### What you are asked to do
In the entries below, find the line with "by_read (via_stdin print) missing" and print exactly every line from there up to and including the line with "format_files-recorded formatter_for paths", with no other lines.

BEGIN Material provided

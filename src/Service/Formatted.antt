-- ===== src/Service/Formatted.antt =====
-- The formatter and the snippets leave the revision and the ledger.
use arno.Base.{
  ℕ, ◌≡◌, refl, ◌∙◌, Bool, true, false, not, ◌&&◌, Dict, text_eq, List, [], ◌∷◌, Option, none, some,
  Text, is_empty, trim_space, Bool-cases, inl, inr,
}
use arno.Disk.{Node, Disk, Read, contents, missing, unreadable, read_file}
use arno.Disk.Observer.{write_file-same}
use arno.Service.Operations.{
  Formatter, via_stdin, in_place, write_output, differs, after_run, run_chosen, run_formatter,
  run_or_skip, format_files, read_snippets, snippets,
}
use arno.Workspace.{Manager, RevisionEntry}
use arno.Workspace.Checkpoints.{before_write}

-- The revision and what the ledger records.
abbrev pub recorded : Manager → ℕ × List RevisionEntry
recorded m = (m.revision, m.ledger)

pub before_write-recorded :
    (path : Text) (r : Read) (m : Manager) → recorded (before_write path r m) ≡ recorded m
unfolding before_write
before_write-recorded path unreadable m = refl
before_write-recorded path missing m = refl
before_write-recorded path (contents bytes) m = refl

run_formatter-recorded :
    (chosen : Formatter) (path : Text) (d : Disk Manager)
    → recorded (run_formatter chosen path d).1.observer ≡ recorded d.observer
unfolding run_formatter
run_formatter-recorded chosen path d =
    by_read chosen (read_file path d).0 (read_file path d).1 (unfold read_file in refl)
  where
    kept : Disk Manager → Type 0
    kept d' = recorded d'.observer ≡ recorded d.observer

    by_output :
        (source : Text) (out : Option Text) (d' : Disk Manager)
        → kept d'
        → kept (write_output path source out d').1
    by_output source none d' e = e
    by_output source (some out) d' e = elim (Bool-cases (is_empty out && not (is_empty source))) [
      | inl q ↦ rw q e
      | inr q ↦ rw q (elim (Bool-cases (text_eq source out)) [
        | inl q' ↦ rw q' e
        | inr q' ↦
            rw q' (write_file-same before_write recorded before_write-recorded path out d' ∙ e)
      ])
    ]

    by_after :
        (source : Text) (r : Read) (d' : Disk Manager) → kept d' → kept (differs source (r, d')).1
    by_after source (contents after) d' e = e
    by_after source missing d' e = e
    by_after source unreadable d' e = e

    by_run :
        (source : Text) (r : Bool × Dict Node) (d' : Disk Manager)
        → kept d'
        → kept (after_run path source d' r).1
    by_run source (true, files) d' e =
        let now = record d' { files = files } in
        by_after source (read_file path now).0 (read_file path now).1 (unfold read_file in e)
    by_run source (false, files) d' e = e

    by_read :
        (chosen : Formatter) (r : Read) (d' : Disk Manager)
        → kept d'
        → kept (run_chosen chosen path (r, d')).1
    by_read (via_stdin print) (contents source) d' e = by_output source (print source) d' e
    by_read (in_place run) (contents source) d' e = by_run source (run path d'.files) d' e
    by_read (via_stdin print) missing d' e = e
    by_read (via_stdin print) unreadable d' e = e
    by_read (in_place run) missing d' e = e
    by_read (in_place run) unreadable d' e = e

pub format_files-recorded :
    (formatter_for : Text → Option Formatter) (paths : List Text) (d : Disk Manager)
    → recorded (format_files formatter_for paths d).1.observer ≡ recorded d.observer
unfolding format_files
format_files-recorded formatter_for [] d = refl
format_files-recorded formatter_for (path ∷ paths) d =
    format_files-recorded formatter_for paths
      (run_or_skip formatter_for (formatter_for path) path d).1
    ∙ by_formatter (formatter_for path)
  where
    by_formatter :
        (o : Option Formatter)
        → recorded (run_or_skip formatter_for o path d).1.observer ≡ recorded d.observer
    by_formatter none = refl
    by_formatter (some chosen) = run_formatter-recorded chosen path d

pub snippets-observer :
    (resolves : Text → Bool) (path text : Text) (d : Disk Manager)
    → (snippets resolves path text d).1.observer ≡ d.observer
unfolding snippets
snippets-observer resolves path text d = elim (Bool-cases (is_empty (trim_space text))) [
  | inl e ↦ rw e refl
  | inr e ↦ rw e (elim (Bool-cases (resolves path)) [
    | inr q ↦ rw q refl
    | inl q ↦ rw q (by_read (read_file path d).0 (read_file path d).1 (unfold read_file in refl))
  ])
]
  where
    by_read :
        (r : Read) (d' : Disk Manager)
        → d'.observer ≡ d.observer
        → (read_snippets path text (r, d')).1.observer ≡ d.observer
    by_read (contents source) d' e = e
    by_read missing d' e = e
    by_read unreadable d' e = e

pub snippets-files :
    (resolves : Text → Bool) (path text : Text) (d : Disk Manager)
    → (snippets resolves path text d).1.files ≡ d.files
unfolding snippets
snippets-files resolves path text d = elim (Bool-cases (is_empty (trim_space text))) [
  | inl e ↦ rw e refl
  | inr e ↦ rw e (elim (Bool-cases (resolves path)) [
    | inr q ↦ rw q refl
    | inl q ↦ rw q (by_read (read_file path d).0 (read_file path d).1 (unfold read_file in refl))
  ])
]
  where
    by_read :
        (r : Read) (d' : Disk Manager)
        → d'.files ≡ d.files
        → (read_snippets path text (r, d')).1.files ≡ d.files
    by_read (contents source) d' e = e
    by_read missing d' e = e
    by_read unreadable d' e = e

END Material provided

### Response below
    by_read (via_stdin print) missing d' e = e
    by_read (via_stdin print) unreadable d' e = e
    by_read (in_place run) missing d' e = e
    by_read (in_place run) unreadable d' e = e

pub format_files-recorded :
    (formatter_for : Text → Option Formatter) (paths : List Text) (d : Disk Manager)
    → recorded (format_files formatter_for paths d).1.observer ≡ recorded d.observer
unfolding format_files
format_files-recorded formatter_for [] d = refl
format_files-recorded formatter_for (path ∷ paths) d =
    format_files-recorded formatter_for paths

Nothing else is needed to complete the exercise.